In this paper, we report the functional characterization of TbKIN-D in the procyclic form of T. brucei. TbKIN-D possesses a highly divergent motor domain in which the conserved lysine residue in the P-loop is replaced by arginine and two well-conserved motifs, the switch I (SSRSH) and switch II (DLAGSE), are missing (Fig. 1A). The two switch motifs form a salt-bridge that closes the nucleotide-binding cleft, enabling the motor to hydrolyze ATP (Sablin et al., 1996; Parke et al., 2010). Nevertheless, our results showed that despite lacking these conserved residues, TbKIN-D was capable of hydrolyzing ATP (Fig. 1B), suggesting that the absence of the lysine residue and the two switch motifs may be compensated by arginine and other residues, respectively. Replacement of the lysine residue by arginine and the absence of switch I and II motifs were also observed in TbKIN-B, another orphan kinesin that plays essential roles in spindle assembly and chromosome segregation in trypanosomes (Li et al., 2008b; Li et al., 2008a). Intriguingly, among the 15 orphan kinesins in trypanosomes, only TbKIN-D and TbKIN-B lack the lysine residue and the two switch motifs (Fig. 1A), both of which are essential for trypanosome viability (Fig. 2) (Li et al., 2008b). Moreover, the conserved threonine/serine residue immediately downstream of the lysine residue found in many kinesins is replaced with a valine residue in TbKIN-D (Fig. 1A). The Thr/Ser residue in the kinesin motor domain appears to control motor activity because a Thr/Asn or Thr/Ile mutation is able to convert the protein to a so-called ‘rigor’ kinesin that binds microtubules very tightly even in the presence of ATP (Nakata and Hirokawa, 1995). In this regard, it would be interesting to investigate whether TbKIN-D possesses similar properties like the rigor kinesin.

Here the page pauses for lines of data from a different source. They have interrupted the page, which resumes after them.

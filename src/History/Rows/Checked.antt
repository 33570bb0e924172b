-- ===== src/History/Rows/Checked.antt =====
-- The checker on the rows of the generator that hold no stream and no keyed frame.
use construct_protos.Prelude.{
  Bool, true, ℕ, ◌≡◌, ◌∙◌, refl, ap, List, [], ◌∷◌, ◌++◌, some, All, arith, length, take,
  length-take,
}
use construct_protos.Prelude.Result.{ok, Raises, ◌>>=◌}
use construct_protos.Bytes.{Bytes, codes, pack_le, of_le}
use construct_protos.Bytes.Struct.{bytes_eq_refl}
use construct_protos.Bytes.Hex.{hex, fromhex, length-hex}
use construct_protos.History.Keys.{Hmac, hkdf_block, hkdf-eq-hkdf_block}
use construct_protos.History.Hello.{Keys, discovery}
use construct_protos.History.Sealed.{snapshot_id}
use construct_protos.History.Rows.{Row, contains}
use construct_protos.History.Rows.Kinds.{
  check_row, check_kind, check_preimage, check_header_only, check_file, check_channel_key,
}
use construct_protos.History.Rows.Clean.{is_clean}
use construct_protos.History.Rows.Made.{
  header_row, discovery_row, fingerprint_row, channel_key_row, swapped_row, rows_of, made_rows,
  ck_ecdh, ck_kem,
}

-- The row of an id is made, has no CTM1 in it, and the checker finds nothing wrong with it among rows
-- with one of V27.
abbrev pub Passes : Hmac → Raises (List ℕ) → ℕ → Raises Row → Type 0
Passes hmac v23 vid made =
    (row : Row) × (made ≡ ok row)
    × (row.vid ≡ vid)
    × (is_clean row.hex ≡ true)
    × ((has : ℕ → Bool) → has 27 ≡ true → check_row hmac v23 has row ≡ some (ok []))

pub header-Passes : (hmac : Hmac) (v23 : Raises (List ℕ)) → Passes hmac v23 15 header_row
unfolding is_clean header_row check_row check_kind pack_le fromhex hex check_header_only contains
    of_le
header-Passes hmac v23 = (_, refl, refl, refl, λ has h. refl)

pub swapped-Passes : (hmac : Hmac) (v23 : Raises (List ℕ)) → Passes hmac v23 28 swapped_row
unfolding is_clean swapped_row check_row check_kind check_file
swapped-Passes hmac v23 = (_, refl, refl, refl, λ has h. rw h refl)

in_row :
    {ra rb rc rd re : Raises Row} {a b c d e : Row}
    → ra ≡ ok a
    → rb ≡ ok b
    → rc ≡ ok c
    → rd ≡ ok d
    → re ≡ ok e
    → ra >>= (λ x.
      rb >>= (λ y. rc >>= (λ z. rd >>= (λ u. re >>= (λ v. ok (x ∷ y ∷ z ∷ u ∷ v ∷ []))))))
      ≡ ok (a ∷ b ∷ c ∷ d ∷ e ∷ [])
in_row p q r s t = rw (p, q, r, s, t) refl

-- The secret that the channel keys are derived from.
abbrev pub both : Bytes
both = ck_ecdh ++ ck_kem

module _ (sha256 : Bytes → Bytes) (hmac : Hmac) (v23 : Raises (List ℕ)) where
  pub fingerprint-Passes :
      (qr_fp : List ℕ) → length qr_fp ≡ 64 → Passes hmac v23 18 (fingerprint_row sha256 hmac qr_fp)
  unfolding is_clean fingerprint_row check_row check_kind check_preimage
  fingerprint-Passes qr_fp h = (_, refl, refl, refl, λ has k. rw h refl)

  sixteen : (m : Bytes) → length (sha256 m) ≡ 32 → length (hex (take 16 (sha256 m))) ≡ 32
  sixteen m h = length-hex (take 16 (sha256 m)) ∙ omega (arith, length-take 16 (sha256 m), h)

  pub discovery-Passes :
      (keys : Keys)
      → ((m : Bytes) → length (sha256 m) ≡ 32)
      → Passes hmac v23 17 (discovery_row sha256 hmac keys)
  unfolding is_clean discovery_row discovery check_row check_kind check_preimage
  discovery-Passes keys h =
      (_, refl, refl, refl, λ has k. rw (sixteen _ (h _), sixteen _ (h _)) refl)

  pub channel-Passes : Passes hmac v23 26 (
      channel_key_row sha256 hmac
        (hkdf_block hmac both (codes "construct_transfer_v2") snapshot_id)
        (hkdf_block hmac both (codes "construct_history_file_v1") snapshot_id))
  unfolding is_clean channel_key_row check_row check_kind check_channel_key fromhex hex ck_ecdh
      ck_kem
  channel-Passes =
      let nearby = hkdf_block hmac both (codes "construct_transfer_v2") snapshot_id in
      let file = hkdf_block hmac both (codes "construct_history_file_v1") snapshot_id in
      (_, refl, refl, refl, λ has k. rw (bytes_eq_refl (hex nearby), bytes_eq_refl (hex file)) refl)

  -- With digests of 32 bytes and a fingerprint of 64 digits, the generator makes its rows V15, V17,
  -- V18, V26 and V28, whatever the receiver's device id, and the checker finds nothing wrong with
  -- any of them, among rows with one of V27.
  pub made_rows_accepted :
      (keys : Keys) (qr_fp : List ℕ) (has : ℕ → Bool)
      → has 27 ≡ true
      → ((m : Bytes) → length (sha256 m) ≡ 32)
      → length qr_fp ≡ 64
      → (rows : List Row) × (made_rows sha256 hmac keys qr_fp ≡ some (ok rows))
        × All (λ row. check_row hmac v23 has row ≡ some (ok [])) rows
  unfolding made_rows rows_of
  made_rows_accepted keys qr_fp has there h k =
      let (a, made_a, id_a, clean_a, good_a) = header-Passes hmac v23 in
      let (b, made_b, id_b, clean_b, good_b) = discovery-Passes keys h in
      let (c, made_c, id_c, clean_c, good_c) = fingerprint-Passes qr_fp k in
      let (d, made_d, id_d, clean_d, good_d) = channel-Passes in
      let (e, made_e, id_e, clean_e, good_e) = swapped-Passes hmac v23 in
      (
        a ∷ b ∷ c ∷ d ∷ e ∷ [],
        rw
            (
              hkdf-eq-hkdf_block hmac both (codes "construct_transfer_v2") snapshot_id,
              hkdf-eq-hkdf_block hmac both (codes "construct_history_file_v1") snapshot_id,
            )
            (ap some (in_row made_a made_b made_c made_d made_e)),
        (
          good_a has there,
          (good_b has there, (good_c has there, (good_d has there, (good_e has there, tt)))),
        ),
      )
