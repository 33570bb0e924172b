-- ===== src/History/Rows/Dict.antt =====
-- The dict of rows by id: what `find` finds in it, and when rows with ids in a row are all of it.
use construct_protos.Prelude.{
  ℕ, zero, suc, ◌+◌, ◌≤◌, ◌<◌, ◌≡◌, ◌∙◌, refl, sym, ap, subst, List, [], ◌∷◌, ◌++◌, Bool, true,
  false, some, ◌==◌, if◌then◌else◌, All, arith, map, Bool-cases, inl, inr, append_assoc,
  append_nil_right,
}
use construct_protos.History.Rows.{Row}
use construct_protos.History.Rows.Whole.{
  place, rows_from, find, is_found, ids_from, required_ids, is_required,
}

abbrev pub ids : List Row → List ℕ
ids rows = map (λ r. r.vid) rows

-- A row whose id is above all others goes to the end.
place_last :
    (r : Row) (acc : List Row) → All (λ s. s.vid < r.vid) acc → place r acc ≡ acc ++ (r ∷ [])
unfolding place
place_last r [] h = refl
place_last r (s ∷ acc) h = let rest = place_last r acc h.1 in ground (arith, rest, h.0)

all_below :
    (n : ℕ) (r : Row) (acc : List Row)
    → r.vid ≡ n
    → All (λ s. s.vid < n) acc
    → All (λ s. s.vid < n + 1) (acc ++ (r ∷ []))
all_below n r [] e h = (omega (arith, e), tt)
all_below n r (s ∷ acc) e h = (omega (arith, h.0), all_below n r acc e h.1)

rows_from-ids :
    (n left : ℕ) (acc rs : List Row)
    → All (λ s. s.vid < n) acc
    → ids rs ≡ ids_from n left
    → rows_from acc rs ≡ acc ++ rs
unfolding rows_from
rows_from-ids n left acc [] h e = sym (append_nil_right acc)
rows_from-ids n zero acc (r ∷ rs) h e = cc
rows_from-ids n (suc left) acc (r ∷ rs) h e =
    let first : r.vid ≡ n = cc in
    let rest : ids rs ≡ ids_from (n + 1) left = cc in
    ap (λ t. rows_from t rs)
      (place_last r acc (subst (λ k. All (λ s. s.vid < k) acc) (sym first) h))
    ∙ rows_from-ids (n + 1) left (acc ++ (r ∷ [])) rs (all_below n r acc first h) rest
    ∙ append_assoc acc (r ∷ []) rs

-- Rows with the required ids in their order are the dict of themselves.
pub rows_from-required : (rows : List Row) → ids rows ≡ required_ids → rows_from [] rows ≡ rows
rows_from-required rows e = rows_from-ids 1 28 [] rows tt e

-- Some row has the id.
abbrev pub among : ℕ → List ℕ → Bool
among n [] = false
among n (i ∷ is') = if i == n then true else among n is'

is_found-among : (n : ℕ) (rows : List Row) → is_found (find n rows) ≡ among n (ids rows)
unfolding find
is_found-among n [] = refl
is_found-among n (r ∷ rows) = elim (Bool-cases (r.vid == n)) [
  | inl k ↦ rw k refl
  | inr k ↦ rw k (is_found-among n rows)
]

pub required-found :
    (rows : List Row)
    → ids rows ≡ required_ids
    → All (λ n. is_found (find n rows) ≡ true) required_ids
required-found rows e = go required_ids (ap (λ is'. map (λ n. among n is') required_ids) e)
  where
    go :
        (ns : List ℕ)
        → map (λ n. among n (ids rows)) ns ≡ map (λ n. true) ns
        → All (λ n. is_found (find n rows) ≡ true) ns
    go [] h = tt
    go (n ∷ ns) h = (is_found-among n rows ∙ cc, go ns (cc))

known_from :
    (n left : ℕ) (rows : List Row)
    → 1 ≤ n
    → n + left ≤ 29
    → ids rows ≡ ids_from n left
    → All (λ r. is_required r.vid ≡ true) rows
known_from n left [] h k e = tt
known_from n zero (r ∷ rows) h k e = cc
known_from n (suc left) (r ∷ rows) h k e =
    let first : r.vid ≡ n = cc in
    let rest : ids rows ≡ ids_from (n + 1) left = cc in
    (ground (arith, first), known_from (n + 1) left rows (omega arith) (omega arith) rest)

pub required-known :
    (rows : List Row) → ids rows ≡ required_ids → All (λ r. is_required r.vid ≡ true) rows
required-known rows e = known_from 1 28 rows (omega arith) (omega arith) e

-- A row that is found is one of the rows, and has the id.
pub find-All :
    {P : Row → Type 0} (n : ℕ) (rows : List Row)
    → All P rows
    → is_found (find n rows) ≡ true
    → (r : Row) × (find n rows ≡ some r) × (r.vid ≡ n) × P r
unfolding find
find-All n [] h e = cc
find-All {P} n (r ∷ rows) h e = elim (Bool-cases (r.vid == n)) [
  | inl k ↦ (r, rw k refl, ground (arith, k), h.0)
  | inr k ↦
      let (s, at, id, good) = find-All {P = P} n rows h.1 (rw k at e) in (s, rw k at, id, good)
]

TbKIN-D is required for maintaining cell morphology in procyclic trypanosomes (Figs 2, 4 and 6). It has been well established that the basic cell shape of a trypanosome cell is maintained by the subpellicular microtubule corset underlying the plasma membrane and extending towards the posterior of the cell (Gull, 1999). Additionally, it is known that the size and morphology of a trypanosome cell is also defined by the position and length of the flagellum (Kohl et al., 2003). However, RNAi of TbKIN-D apparently does not impair the synthesis of the new, full-length flagella that contain normal axoneme structures (Figs 3 and 5), indicating that the morphology change of TbKIN-D RNAi cells is not due to any defects in the flagellum. Instead, TbKIN-D deficiency significantly interferes with cytoskeletal microtubules, resulting in excessive accumulation of internal microtubules underneath the subpellicular microtubule corset and disorganization of the subpellicular microtubule corset (Figs 46). These observations suggest that the distorted cell shape caused by TbKIN-D RNAi is very likely attributed to the drastic change in the abundance and organization of cytoskeletal microtubules.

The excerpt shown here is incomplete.